Nell’incerto contesto che stiamo vivendo, le aziende si trovano di fronte a un bivio. Occorre mettere in discussione il tradizionale modo di rapportarsi con le risorse umane e ripensare l’esperienza lavorativa, mettendo il lavoratore al centro di questo modello. Le nuove abitudini e le innovazioni tecnologiche che si vanno generando nello smart working hanno abituato le persone a vivere esperienze personalizzate, on-demand e self-service e a fruirne in modo semplice e veloce. Uno stile di vita che è stato assimilato dagli individui nella veste di consumatori. L’obiettivo delle aziende che praticano lo smart working sarà sempre più quello di creare una Employee Experience personalizzata, distintiva e coinvolgente, offrendo ai lavoratori un’esperienza studiata ad hoc, come se si trattasse di consumatori finali: un approccio che vede il lavoratore comparabile ad un cliente.
«Dopo un lungo periodo in cui analisti e operatori hanno giustamente esaltato l’importanza dell’esperienza dei clienti, ora è giunto il tempo della rivincita dei dipendenti ed è diventato chiaro che le organizzazioni non possono soddisfare le aspettative dei loro interlocutori esterni se non sono capaci di gestire al meglio la loro risorsa più preziosa: le persone che le costituiscono», osserva Rosario Sica, fisico cibernetico di formazione e specializzato nei processi di trasformazione digitale, nel suo recente libro “Employee Experience. Il lato umano delle organizzazioni nella quarta rivoluzione industriale” (Franco Angeli editore). Un nuovo approccio che si spalma su tutti i campi d’azione aziendale e in particolar modo coinvolge i responsabili HR e i loro team, spronandoli ad acquisire nuove competenze per supportare le loro aziende nelle nuove sfide che il presente ci ha riservato.
L’esperienza del Covid ha portato la maggioranza dei lavoratori a dover gestire una complessità di ruoli e dinamiche lavorative mai vista prima, a tutti i livelli aziendali. Può questa nuova realtà diventare un motore positivo di engagement delle persone verso l’azienda? Sì, dicono gli esperti, e non solo perché durante le transizioni le persone sono particolarmente sensibili a ciò che ricevono dal loro contesto lavorativo, e quindi ogni azione di vicinanza ha un effetto molto maggiore in termini di motivazione e identificazione, anche a lungo termine.

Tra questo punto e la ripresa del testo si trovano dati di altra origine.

-- ===== src/Guards/Jwt/Tests.antt =====
-- The guard on concrete requests.
use minepanel_backend.Common.{
  ◌↔◌, String, ◌≡◌, refl, ◌==◌, string_eq, if◌then◌else◌, Option, none, some, [], ◌∷◌, false,
}
use minepanel_backend.Http.{ok, err, forbidden, unauthorized}
use minepanel_backend.Schema.{admin, user, active, banned}
use minepanel_backend.Auth.AccessToken.{
  Payload, plain, text, whole, parse_access_token_claims, verify,
}
use minepanel_backend.Guards.Jwt.{GuardedUser, jwt_guard}
use minepanel_backend.Guards.Jwt.Admission.{Admits, jwt_guard_iff}
use minepanel_backend.Scenarios.{account}

jwt_run : Unit {0}
unfolding jwt_guard verify parse_access_token_claims
jwt_run = tt

abbrev accepts : String → Option Payload
accepts token =
    if token == "good"
    then some (
        plain (record {
          sub = some (text "root");
          username = some (text "root");
          type = some (text "access");
          temporary_auth = none;
          exp = some (whole 1800000000);
          jti = none;
          temporary_credential_fingerprint = none;
        }))
    else none

abbrev root : GuardedUser
root = record { id = "root"; username = "root"; role = user; temporary_auth = false }

-- the role is that of the table
admits :
    jwt_guard accepts false
      (some "good")
      "GET"
      "/api/servers"
      (some (account "root" user active ∷ []))
    ≡ ok (some root)
unfolding jwt_run
admits = refl

refuses_banned :
    jwt_guard accepts false
      (some "good")
      "GET"
      "/api/servers"
      (some (account "root" admin banned ∷ []))
    ≡ err (forbidden "AccountBanned")
unfolding jwt_run
refuses_banned = refl

refuses_forged :
    jwt_guard accepts false
      (some "bad")
      "GET"
      "/api/servers"
      (some (account "root" admin active ∷ []))
    ≡ err (unauthorized "Unauthorized")
unfolding jwt_run
refuses_forged = refl

jwt_guard_iff_example :
    (jwt_guard accepts false
        (some "good")
        "GET"
        "/api/servers"
        (some (account "root" user active ∷ []))
      ≡ ok (some root))
    ↔ Admits accepts
        (some "good")
        "GET"
        "/api/servers"
        (some (account "root" user active ∷ []))
        root
jwt_guard_iff_example =
    jwt_guard_iff accepts (some "good") "GET" "/api/servers"
      (some (account "root" user active ∷ [])) root
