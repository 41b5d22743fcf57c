-- ===== src/Guards/Permissions.antt =====
-- src/auth/guards/permissions.guard.ts: the permission that a route asks for.
pub mod Grants
mod Tests
use minepanel_backend.Common.{
  String, Bool, true, false, ◌&&◌, ◌||◌, Option, none, some, List, [], ◌∷◌, any, ◌==◌,
  if◌then◌else◌, string_eq, option_eq,
}
use minepanel_backend.Http.{Result, ok, err, forbidden, service_unavailable}
use minepanel_backend.Schema.{
  Role, admin, moderator, user, ModPermission, ModPermissionRow, mod_permission_eq,
}

-- the condition on the server of a grant
abbrev pub in_scope : Option String → ModPermissionRow → Bool
in_scope none r = r.server_id == none
in_scope (some server) r = r.server_id == none || r.server_id == some server

abbrev pub is_grant : String → ModPermission → Option String → ModPermissionRow → Bool
is_grant user_id permission server r =
    r.user_id == user_id && r.permission == permission && in_scope server r

-- the select of the grants table, of which `none` is a query that fails
abbrev pub check_grants :
    (ModPermissionRow → Bool) → Option (List ModPermissionRow) → Result (Unit {0})
check_grants where_clause none = err (service_unavailable "Permission check unavailable")
check_grants where_clause (some rows) =
    if any where_clause rows then ok tt else err (forbidden "Forbidden")

abbrev pub server_of : Option String → Option String
server_of none = none
server_of (some route_id) = if route_id == "" then none else some route_id

abbrev pub by_role :
    ModPermission
    → String
    → Role
    → Option String
    → Option (List ModPermissionRow)
    → Result (Unit {0})
by_role permission user_id admin route_id rows = ok tt
by_role permission user_id moderator route_id rows =
    check_grants (is_grant user_id permission (server_of route_id)) rows
by_role permission user_id user route_id rows = err (forbidden "Forbidden")

-- `canActivate`: the permission of the route, if it names one, the id and role of the request's
-- user, the route's parameter `id` (an array counts as none) and the grants table
unfoldable pub permissions_guard :
    Option ModPermission
    → Option (String × Role)
    → Option String
    → Option (List ModPermissionRow)
    → Result (Unit {0})
permissions_guard none principal route_id rows = ok tt
permissions_guard (some permission) none route_id rows = err (forbidden "Forbidden")
permissions_guard (some permission) (some (user_id, role)) route_id rows =
    by_role permission user_id role route_id rows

Ma anche perché il modo in cui l’azienda sa far vivere queste circostanze alle sue persone può avere un impatto considerevole su quella quantità di risorse che è il loro engagement: energia, attenzione, apertura, focus possono aumentare a dismisura.

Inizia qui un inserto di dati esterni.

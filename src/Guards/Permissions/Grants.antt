-- ===== src/Guards/Permissions/Grants.antt =====
-- src/auth/guards/permissions.guard.ts: which requests the guard lets through.
use minepanel_backend.Common.{
  and_true, or_true, String, Bool, true, ◌≡◌, refl, inl, inr, ◌↔◌, Option, none, some, List, [],
  ◌∷◌, any, arith, ◌==◌, ◌&&◌, Bool-cases, Equality, ==-true, ==-refl, string_eq, option_eq,
}
use minepanel_backend.Http.{ok}
use minepanel_backend.Schema.{
  Role, admin, moderator, user, ModPermission, ModPermissionRow, mod_permission_eq,
}
use minepanel_backend.Guards.Permissions.{
  in_scope, is_grant, check_grants, server_of, permissions_guard,
}

-- the grant is for every server, or for the one that the route names
pub data Covers (server : Option String) (r : ModPermissionRow) : Type 0 where
  everywhere : r.server_id ≡ none → Covers server r
  there_only : (id : String) → server ≡ some id → r.server_id ≡ some id → Covers server r

pub record Grants (user_id : String) (permission : ModPermission) (server : Option String)
    (r : ModPermissionRow) : Type 0 where
  pub of_user : r.user_id ≡ user_id
  pub of_permission : r.permission ≡ permission
  pub covers : Covers server r

-- some row of the table has the property
pub data Some (P : ModPermissionRow → Type 0) : List ModPermissionRow → Type 0 where
  here : {r : ModPermissionRow} {rs : List ModPermissionRow} → P r → Some P (r ∷ rs)
  there : {r : ModPermissionRow} {rs : List ModPermissionRow} → Some P rs → Some P (r ∷ rs)

-- who may pass
pub data Allowed
    : Option ModPermission
      → Option (String × Role)
      → Option String
      → Option (List ModPermissionRow)
      → Type 0 where
  unprotected :
      {principal : Option (String × Role)} {route_id : Option String}
      {rows : Option (List ModPermissionRow)}
      → Allowed none principal route_id rows
  administrator :
      {p : ModPermission} {id : String} {route_id : Option String}
      {rows : Option (List ModPermissionRow)}
      → Allowed (some p) (some (id, admin)) route_id rows
  granted :
      {p : ModPermission} {id : String} {route_id : Option String} {rows : List ModPermissionRow}
      → Some (Grants id p (server_of route_id)) rows
      → Allowed (some p) (some (id, moderator)) route_id (some rows)

in_scope-Covers :
    (server : Option String) (r : ModPermissionRow) → in_scope server r ≡ true → Covers server r
in_scope-Covers none r h = everywhere (==-true h)
in_scope-Covers (some id) r h = elim (or_true (r.server_id == none) (r.server_id == some id) h) [
  | inl e ↦ everywhere (==-true e)
  | inr e ↦ there_only id refl (==-true e)
]

Covers-in_scope :
    (server : Option String) (r : ModPermissionRow) → Covers server r → in_scope server r ≡ true
Covers-in_scope none r (everywhere e) = rw (e, ==-refl {A = Option String} none)
Covers-in_scope (some s) r (everywhere e) = rw (e, ==-refl {A = Option String} none)
Covers-in_scope none r (there_only id e f) = cc
Covers-in_scope (some s) r (there_only id e f) =
    ground (arith, ==-refl {A = Option String} (some id))

is_grant-Grants :
    (id : String) (p : ModPermission) (server : Option String) (r : ModPermissionRow)
    → is_grant id p server r ≡ true
    → Grants id p server r
is_grant-Grants id p server r h =
    let (user_and_permission, scope) =
      and_true (r.user_id == id && r.permission == p) (in_scope server r) h in
    let (of_user, of_permission) =
      and_true (r.user_id == id) (r.permission == p) user_and_permission in
    record {
      of_user = ==-true of_user;
      of_permission = ==-true of_permission;
      covers = in_scope-Covers server r scope;
    }

true_and : (a b : Bool) → a ≡ true → b ≡ true → (a && b) ≡ true
true_and a b left right = ground arith

same_true {ℓ} : {A : Type ℓ} ⦃e : Equality A⦄ {a b : A} → a ≡ b → (a == b) ≡ true
same_true {b = b} e = rw (e, ==-refl b)

Grants-is_grant :
    (id : String) (p : ModPermission) (server : Option String) (r : ModPermissionRow)
    → Grants id p server r
    → is_grant id p server r ≡ true
Grants-is_grant id p server r g =
    true_and _ _ (true_and _ _ (same_true g.of_user) (same_true g.of_permission))
      (Covers-in_scope server r g.covers)

any-Some :
    (P : ModPermissionRow → Type 0) (q : ModPermissionRow → Bool) (rs : List ModPermissionRow)
    → ((r : ModPermissionRow) → q r ≡ true → P r)
    → any q rs ≡ true
    → Some P rs
any-Some P q [] sound h = cc
any-Some P q (r ∷ rs) sound h = elim (Bool-cases (q r)) [
  | inl hit ↦ here (sound r hit)
  | inr miss ↦ there (any-Some P q rs sound (rw miss at h))
]

Some-any :
    (P : ModPermissionRow → Type 0) (q : ModPermissionRow → Bool) (rs : List ModPermissionRow)
    → ((r : ModPermissionRow) → P r → q r ≡ true)
    → Some P rs
    → any q rs ≡ true
Some-any P q [] complete none_there = elim none_there [ ]
Some-any P q (r ∷ rs) complete (here x) = rw (complete r x)
Some-any P q (r ∷ rs) complete (there x) = ground (arith, Some-any P q rs complete x)

check_grants-any :
    (q : ModPermissionRow → Bool) (rs : List ModPermissionRow)
    → check_grants q (some rs) ≡ ok tt
    → any q rs ≡ true
check_grants-any q rs h = ground arith

check_grants-passes :
    (q : ModPermissionRow → Bool) (rs : List ModPermissionRow)
    → any q rs ≡ true
    → check_grants q (some rs) ≡ ok tt
check_grants-passes q rs h = rw (h)

granted_by :
    {p : ModPermission} {id : String} {route_id : Option String} {rows : List ModPermissionRow}
    → Allowed (some p) (some (id, moderator)) route_id (some rows)
    → Some (Grants id p (server_of route_id)) rows
granted_by (granted found) = found

-- The guard lets a request through exactly when the route asks for no permission, or its user is an
-- administrator, or its user is a moderator whom some row of the grants table gives the permission
-- everywhere or on the server that the route names.
pub permissions_guard_iff :
    (permission : Option ModPermission) (principal : Option (String × Role))
    (route_id : Option String) (rows : Option (List ModPermissionRow))
    → (permissions_guard permission principal route_id rows ≡ ok tt)
      ↔ Allowed permission principal route_id rows
unfolding permissions_guard
permissions_guard_iff none principal route_id rows = (λ h. unprotected, λ h. refl)
permissions_guard_iff (some p) none route_id rows = (λ h. cc, λ h. elim h [ ])
permissions_guard_iff (some p) (some (id, admin)) route_id rows = (λ h. administrator, λ h. refl)
permissions_guard_iff (some p) (some (id, user)) route_id rows = (λ h. cc, λ h. elim h [ ])
permissions_guard_iff (some p) (some (id, moderator)) route_id none = (λ h. cc, λ h. elim h [ ])
permissions_guard_iff (some p) (some (id, moderator)) route_id (some rows) = (
  λ h. granted (
      any-Some (Grants id p (server_of route_id)) _ rows (is_grant-Grants id p (server_of route_id))
        (check_grants-any _ rows h)),
  λ h. check_grants-passes _ rows (
      Some-any (Grants id p (server_of route_id)) _ rows (Grants-is_grant id p (server_of route_id))
        (granted_by h)),
)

Mentre le aziende sono andate oltre la fase iniziale di organizzazione del lavoro a distanza a causa del Covid-19, adesso si trovano nel momento di prendere decisioni importanti, come rispondere ad alcune domande indifferibili: per quanto tempo i dipendenti lavoreranno ancora da casa? Un ambiente di lavoro “ibrido” o a rotazione è efficace? L’organizzazione degli spazi lavorativi aziendali (ormai in gran parte vuoti) corrispondono ancora alle attuali esigenze? Queste decisioni sono sicuramente di natura finanziaria, ma coinvolgono profondamente anche aspetti personali e, negli anni a venire, influenzeranno il modo in cui le persone lavoreranno insieme e definiranno la propria identità professionale.